Frances Martinez, one of the Berkeley High parents in the audience Wednesday, said she has already seen a small learning community work for her son, who is part of Berkeley High’s Communication Arts and Sciences (CAS) program.  

“It’s given him an opportunity not to be lost in this vast school,” Martinez said. “(CAS Teachers) know their students and they care about what they’re doing and it really shows.” 

Berkeley High has three small learning communities already up and running and one more on the way. The programs were launched by groups of teachers with a vision to enhance students’ experience of the Berkeley High curriculum by creating schools-within-a-school, each with a specific mission. CAS students learn to use modern media tools to work on projects that promote social justice. Students in the Common Ground program, another small learning community, focus on ecological literacy and then work to promote environmental causes in the larger community. 

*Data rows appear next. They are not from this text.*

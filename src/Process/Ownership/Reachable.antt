-- ===== src/Process/Ownership/Reachable.antt =====
-- The invariant of the frames in every process that a new one can become, and what follows from
-- it. src/process.cpp and src/process/stack.cpp.
use wudoovm.Common.{ℕ, ◌≡◌, ◌≢◌, refl, sym, subst, List, [], ◌==◌, Bool-cases, inl, inr, arith}
use wudoovm.Common.Outcome.{throw}
use wudoovm.Process.Code.{Kernel}
use wudoovm.Process.State.{Process, Frame, Part}
use wudoovm.Process.Action.{thrown_text}
use wudoovm.Process.Prepared.{push_prepared_frame}
use wudoovm.Process.Tick.{Instruction, Values}
use wudoovm.Process.Life.{
  create, start, wakeup, run_code, Step, starts, ticks, wakes, raises, Reach, here, next,
}
use wudoovm.Process.Ownership.{
  IsValid, Keeps, Any, bind-Keeps, pure-Keeps, found-Keeps, throw_if-Keeps, ask-Keeps,
  frame_of-Keeps, same_frames-Keeps, on_current-Keeps,
}
use wudoovm.Process.Ownership.Stacks.{adjust_jump_base_for-Keeps}
use wudoovm.Process.Ownership.Pushes.{push_prepared_frame-ne-corruption}
use wudoovm.Process.Ownership.Ticks.{
  Preserves, of_Keeps, dispatch-Preserves, tick-Preserves, raise-Keeps,
}

module _ {V : Type 0} where
  create-IsValid : (frm : Frame V) → frm.deferred_calls ≡ [] → IsValid (create frm)
  unfolding create
  create-IsValid frm e = record {
    counted = refl;
    deferred =
        λ f. elim (Bool-cases (f == 0)) [ inl first ↦ rw (first, e) tt | inr rest ↦ rw rest tt ];
    owned = λ s. elim (Bool-cases (s == 0)) [
      | inl first ↦ rw first (record {
        allocated = (omega arith, tt);
        distinct = (refl, tt);
        prepared = tt;
        bounded = omega arith;
      })
      | inr rest ↦
          rw rest (record { allocated = tt; distinct = tt; prepared = tt; bounded = omega arith })
    ];
  }

  start-Keeps : (n : ℕ) (k : Kernel) → Keeps {V = V} n Any (start k)
  unfolding start
  start-Keeps n k = bind-Keeps n (ask-Keeps n _) λ s _. bind-Keeps n (ask-Keeps n _) λ x _.
      bind-Keeps n (found-Keeps n Any _ _ (λ a e. tt)) λ f _.
        bind-Keeps n (frame_of-Keeps n f) λ y _. bind-Keeps n (throw_if-Keeps n _ _) λ u _.
          bind-Keeps n (adjust_jump_base_for-Keeps n k s y.function_name) λ e _.
            bind-Keeps n
              (on_current-Keeps n _ (λ j. same_frames-Keeps n j _ (λ z. refl) (λ z. refl)))
              λ w _. pure-Keeps n Any _ tt

module _ {V : Type 0} (values : Values V) (k : Kernel) (code : ℕ → Instruction V × ℕ) where
  run_code-Preserves : (a : ℕ) → Preserves (run_code values k code a)
  unfolding run_code
  run_code-Preserves a = dispatch-Preserves values k (code a).0 a (code a).1

  Step-IsValid : (p q : Process V) → Step values k code p q → IsValid p → IsValid q
  unfolding wakeup
  Step-IsValid p q (starts e) v =
      subst IsValid (sym e) (of_Keeps (start k) (λ n. start-Keeps n k) p v)
  Step-IsValid p q (ticks e) v =
      subst IsValid (sym e) (tick-Preserves k (run_code values k code) run_code-Preserves p v)
  Step-IsValid p q (wakes e) v =
      subst IsValid (sym e) (record { counted = refl; deferred = v.deferred; owned = v.owned })
  Step-IsValid p q (raises x e) v = subst IsValid (sym e) (of_Keeps _ (λ n. raise-Keeps n x) p v)

  -- Every process that a new one reaches is valid: no stack holds a frame twice, the frame that a
  -- stack has prepared is not yet on it, and frames, also the deferred ones, are allocated. A
  -- first frame that has no deferred calls is assumed.
  pub Reach-IsValid :
      (frm : Frame V) (q : Process V)
      → frm.deferred_calls ≡ []
      → Reach values k code (create frm) q
      → IsValid q
  Reach-IsValid frm q e here = create-IsValid frm e
  Reach-IsValid frm q e (next {q = p} r s) = Step-IsValid p q s (Reach-IsValid frm p e r)

  -- In every process that a new one reaches, pushing a prepared frame never ends in the text that
  -- reports a corrupted stack, on any stack of the process.
  pub push-ne-corruption :
      (frm : Frame V) (q : Process V)
      → frm.deferred_calls ≡ []
      → Reach values k code (create frm) q
      → (s : ℕ) (d : List Part) → (push_prepared_frame s q).0 ≢ throw (thrown_text d)
  push-ne-corruption frm q e r s d =
      push_prepared_frame-ne-corruption q.next_frame s q (Reach-IsValid frm q e r) d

Still, Ayers said, the success of these programs rests largely on the dedication of the small group of founding teachers who go to extraordinary lengths to keep it functioning. If these programs are to continue to thrive, Ayers said, the whole school needs to move to a small learning community model. 

Berkeley High parent Iris Starr has played a central role in organizing the small learning community planning process at the school.  

“It’s not like a brand new, untested thing,” Starr said. “People are doing it. What we’re doing isn’t working, so there’s no harm in looking.” 

But for the planning process to be legitimate, Starr said it is important to have teachers, parents, students and administrators all working together. 

“We’re trying to have a long enough open period so people can get an idea that this is being discussed before anything moves,” Starr said. “We’re trying to form this so everybody has a clear say.”